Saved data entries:
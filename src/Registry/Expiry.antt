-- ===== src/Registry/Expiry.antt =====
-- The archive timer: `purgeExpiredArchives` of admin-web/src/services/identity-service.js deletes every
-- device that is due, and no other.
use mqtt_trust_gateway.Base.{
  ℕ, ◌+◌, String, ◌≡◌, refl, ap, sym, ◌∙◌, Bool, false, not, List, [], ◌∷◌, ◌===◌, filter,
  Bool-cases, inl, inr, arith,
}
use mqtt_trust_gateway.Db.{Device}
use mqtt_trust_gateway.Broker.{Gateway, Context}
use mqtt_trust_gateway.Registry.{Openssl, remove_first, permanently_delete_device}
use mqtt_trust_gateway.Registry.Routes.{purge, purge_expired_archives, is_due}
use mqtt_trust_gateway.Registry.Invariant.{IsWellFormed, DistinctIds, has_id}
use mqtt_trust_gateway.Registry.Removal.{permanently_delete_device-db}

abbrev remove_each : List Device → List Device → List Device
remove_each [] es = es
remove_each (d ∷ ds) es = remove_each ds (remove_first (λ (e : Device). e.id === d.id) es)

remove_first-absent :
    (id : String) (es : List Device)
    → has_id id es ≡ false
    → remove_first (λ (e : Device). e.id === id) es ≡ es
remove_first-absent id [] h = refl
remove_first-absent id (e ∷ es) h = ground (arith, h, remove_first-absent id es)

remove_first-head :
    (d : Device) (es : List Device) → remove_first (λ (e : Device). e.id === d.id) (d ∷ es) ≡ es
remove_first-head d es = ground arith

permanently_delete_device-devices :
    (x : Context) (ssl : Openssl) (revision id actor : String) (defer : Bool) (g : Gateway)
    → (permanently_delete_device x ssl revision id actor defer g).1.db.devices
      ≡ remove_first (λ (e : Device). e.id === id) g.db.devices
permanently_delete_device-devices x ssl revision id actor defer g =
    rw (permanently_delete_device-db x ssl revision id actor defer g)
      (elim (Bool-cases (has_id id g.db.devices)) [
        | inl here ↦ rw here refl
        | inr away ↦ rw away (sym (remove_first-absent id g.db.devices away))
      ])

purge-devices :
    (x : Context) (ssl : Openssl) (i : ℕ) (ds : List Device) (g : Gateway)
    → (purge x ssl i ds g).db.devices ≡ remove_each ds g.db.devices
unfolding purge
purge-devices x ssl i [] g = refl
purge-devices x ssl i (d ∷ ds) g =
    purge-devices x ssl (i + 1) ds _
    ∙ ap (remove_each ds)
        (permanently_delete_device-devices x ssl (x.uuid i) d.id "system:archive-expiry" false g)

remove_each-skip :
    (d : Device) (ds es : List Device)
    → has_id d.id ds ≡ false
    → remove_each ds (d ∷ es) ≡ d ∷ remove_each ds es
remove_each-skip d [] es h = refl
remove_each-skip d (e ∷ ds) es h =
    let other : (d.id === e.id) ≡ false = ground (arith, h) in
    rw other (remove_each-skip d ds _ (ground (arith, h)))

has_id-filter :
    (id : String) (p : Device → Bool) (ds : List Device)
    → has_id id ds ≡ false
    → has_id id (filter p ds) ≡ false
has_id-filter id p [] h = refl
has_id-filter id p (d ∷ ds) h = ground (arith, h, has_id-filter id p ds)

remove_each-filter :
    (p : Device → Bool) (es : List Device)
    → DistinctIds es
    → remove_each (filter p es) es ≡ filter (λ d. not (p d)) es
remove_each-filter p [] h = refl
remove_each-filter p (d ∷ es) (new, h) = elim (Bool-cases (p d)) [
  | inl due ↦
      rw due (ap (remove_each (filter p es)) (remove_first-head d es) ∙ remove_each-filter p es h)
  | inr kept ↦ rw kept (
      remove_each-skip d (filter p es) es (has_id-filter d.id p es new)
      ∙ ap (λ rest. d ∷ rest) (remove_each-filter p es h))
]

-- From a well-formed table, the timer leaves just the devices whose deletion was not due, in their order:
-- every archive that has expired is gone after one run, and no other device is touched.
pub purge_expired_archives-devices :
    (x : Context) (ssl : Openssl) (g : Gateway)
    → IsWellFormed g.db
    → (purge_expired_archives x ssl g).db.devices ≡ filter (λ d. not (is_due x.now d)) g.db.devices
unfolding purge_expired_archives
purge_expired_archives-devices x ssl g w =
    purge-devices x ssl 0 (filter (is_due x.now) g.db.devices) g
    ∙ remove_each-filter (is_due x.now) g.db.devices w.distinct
---
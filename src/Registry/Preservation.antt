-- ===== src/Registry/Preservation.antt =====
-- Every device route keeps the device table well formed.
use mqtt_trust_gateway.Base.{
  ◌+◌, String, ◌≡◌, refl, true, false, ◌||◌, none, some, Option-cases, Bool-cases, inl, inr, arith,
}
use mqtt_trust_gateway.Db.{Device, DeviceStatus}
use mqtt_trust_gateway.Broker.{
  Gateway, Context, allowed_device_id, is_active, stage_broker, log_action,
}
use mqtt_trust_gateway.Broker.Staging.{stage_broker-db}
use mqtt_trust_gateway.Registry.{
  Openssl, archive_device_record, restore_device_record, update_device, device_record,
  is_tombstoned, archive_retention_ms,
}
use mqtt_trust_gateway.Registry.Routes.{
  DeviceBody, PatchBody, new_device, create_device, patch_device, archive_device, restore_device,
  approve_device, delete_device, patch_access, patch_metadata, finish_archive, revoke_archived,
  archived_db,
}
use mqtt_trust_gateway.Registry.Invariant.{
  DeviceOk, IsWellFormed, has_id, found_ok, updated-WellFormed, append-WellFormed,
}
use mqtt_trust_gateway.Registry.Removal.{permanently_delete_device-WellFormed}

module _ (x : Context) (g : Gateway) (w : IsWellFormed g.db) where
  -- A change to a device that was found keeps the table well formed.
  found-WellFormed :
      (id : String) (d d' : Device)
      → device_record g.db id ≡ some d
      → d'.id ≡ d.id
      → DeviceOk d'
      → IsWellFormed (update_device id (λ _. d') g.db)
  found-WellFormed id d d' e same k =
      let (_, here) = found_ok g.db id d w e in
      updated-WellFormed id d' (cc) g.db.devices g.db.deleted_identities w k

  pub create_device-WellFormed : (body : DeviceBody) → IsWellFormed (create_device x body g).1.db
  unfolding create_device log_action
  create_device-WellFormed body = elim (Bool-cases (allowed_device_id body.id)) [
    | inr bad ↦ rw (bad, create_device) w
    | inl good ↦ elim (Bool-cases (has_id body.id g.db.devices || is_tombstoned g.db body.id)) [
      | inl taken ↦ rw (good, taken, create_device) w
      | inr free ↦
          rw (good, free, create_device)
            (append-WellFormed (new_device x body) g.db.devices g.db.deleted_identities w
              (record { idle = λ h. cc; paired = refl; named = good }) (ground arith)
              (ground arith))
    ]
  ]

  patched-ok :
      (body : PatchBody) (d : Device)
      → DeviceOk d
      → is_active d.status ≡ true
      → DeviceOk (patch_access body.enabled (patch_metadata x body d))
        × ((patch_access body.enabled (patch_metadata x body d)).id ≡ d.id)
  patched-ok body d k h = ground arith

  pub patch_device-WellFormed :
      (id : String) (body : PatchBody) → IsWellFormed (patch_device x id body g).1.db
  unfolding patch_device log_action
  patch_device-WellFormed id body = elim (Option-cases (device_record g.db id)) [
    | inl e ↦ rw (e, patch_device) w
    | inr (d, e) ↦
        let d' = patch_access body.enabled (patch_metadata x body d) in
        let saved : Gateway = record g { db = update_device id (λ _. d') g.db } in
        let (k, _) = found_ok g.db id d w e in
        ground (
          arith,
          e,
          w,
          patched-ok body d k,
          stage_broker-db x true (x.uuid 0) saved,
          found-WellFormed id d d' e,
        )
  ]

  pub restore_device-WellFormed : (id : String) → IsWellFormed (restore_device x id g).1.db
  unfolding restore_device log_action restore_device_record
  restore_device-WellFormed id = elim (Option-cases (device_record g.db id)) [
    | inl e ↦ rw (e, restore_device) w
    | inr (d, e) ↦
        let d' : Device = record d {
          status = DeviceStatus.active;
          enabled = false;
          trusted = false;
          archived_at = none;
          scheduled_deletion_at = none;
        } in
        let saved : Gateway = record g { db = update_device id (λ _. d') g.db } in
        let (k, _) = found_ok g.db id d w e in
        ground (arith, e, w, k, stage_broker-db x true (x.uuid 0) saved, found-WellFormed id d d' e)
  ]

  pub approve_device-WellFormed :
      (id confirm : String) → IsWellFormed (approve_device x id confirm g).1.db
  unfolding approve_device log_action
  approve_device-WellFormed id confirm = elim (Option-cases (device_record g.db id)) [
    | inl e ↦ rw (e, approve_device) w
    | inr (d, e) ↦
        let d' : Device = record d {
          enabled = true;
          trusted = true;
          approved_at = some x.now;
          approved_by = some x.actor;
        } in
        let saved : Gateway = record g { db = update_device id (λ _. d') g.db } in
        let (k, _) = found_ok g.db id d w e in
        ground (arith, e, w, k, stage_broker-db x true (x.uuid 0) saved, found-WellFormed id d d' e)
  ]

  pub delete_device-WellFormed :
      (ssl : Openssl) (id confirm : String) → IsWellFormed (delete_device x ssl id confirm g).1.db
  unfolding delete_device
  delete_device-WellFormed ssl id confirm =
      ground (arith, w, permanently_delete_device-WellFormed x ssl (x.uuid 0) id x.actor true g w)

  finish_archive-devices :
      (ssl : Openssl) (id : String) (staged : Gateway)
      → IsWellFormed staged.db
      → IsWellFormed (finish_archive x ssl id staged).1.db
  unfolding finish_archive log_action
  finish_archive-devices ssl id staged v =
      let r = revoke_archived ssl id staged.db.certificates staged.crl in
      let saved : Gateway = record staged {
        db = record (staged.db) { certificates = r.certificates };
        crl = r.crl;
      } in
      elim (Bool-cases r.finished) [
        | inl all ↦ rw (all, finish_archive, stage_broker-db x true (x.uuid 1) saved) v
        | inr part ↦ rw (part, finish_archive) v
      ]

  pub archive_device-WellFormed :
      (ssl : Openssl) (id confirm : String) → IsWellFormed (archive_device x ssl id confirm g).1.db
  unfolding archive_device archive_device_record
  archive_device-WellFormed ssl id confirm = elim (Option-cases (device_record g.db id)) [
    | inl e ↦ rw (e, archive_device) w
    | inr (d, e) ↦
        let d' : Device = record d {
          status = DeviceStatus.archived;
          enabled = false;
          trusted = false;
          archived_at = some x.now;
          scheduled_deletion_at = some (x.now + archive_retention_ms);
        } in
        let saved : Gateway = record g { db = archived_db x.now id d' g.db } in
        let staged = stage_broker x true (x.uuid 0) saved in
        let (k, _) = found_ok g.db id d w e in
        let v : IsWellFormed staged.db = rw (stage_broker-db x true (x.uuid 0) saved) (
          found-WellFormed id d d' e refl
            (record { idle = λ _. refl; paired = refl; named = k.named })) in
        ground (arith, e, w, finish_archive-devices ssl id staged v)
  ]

| Assignment |
Which lines above run from the one containing "create_device-WellFormed body = elim" to the one containing "let d' = patch_access"? Give them again exactly, both ends included.

| Answer for the task |
  create_device-WellFormed body = elim (Bool-cases (allowed_device_id body.id)) [
    | inr bad ↦ rw (bad, create_device) w
    | inl good ↦ elim (Bool-cases (has_id body.id g.db.devices || is_tombstoned g.db body.id)) [
      | inl taken ↦ rw (good, taken, create_device) w
      | inr free ↦
          rw (good, free, create_device)
            (append-WellFormed (new_device x body) g.db.devices g.db.deleted_identities w
              (record { idle = λ h. cc; paired = refl; named = good }) (ground arith)
              (ground arith))
    ]
  ]

  patched-ok :
      (body : PatchBody) (d : Device)
      → DeviceOk d
      → is_active d.status ≡ true
      → DeviceOk (patch_access body.enabled (patch_metadata x body d))
        × ((patch_access body.enabled (patch_metadata x body d)).id ≡ d.id)
  patched-ok body d k h = ground arith

  pub patch_device-WellFormed :
      (id : String) (body : PatchBody) → IsWellFormed (patch_device x id body g).1.db
  unfolding patch_device log_action
  patch_device-WellFormed id body = elim (Option-cases (device_record g.db id)) [
    | inl e ↦ rw (e, patch_device) w
    | inr (d, e) ↦
        let d' = patch_access body.enabled (patch_metadata x body d) in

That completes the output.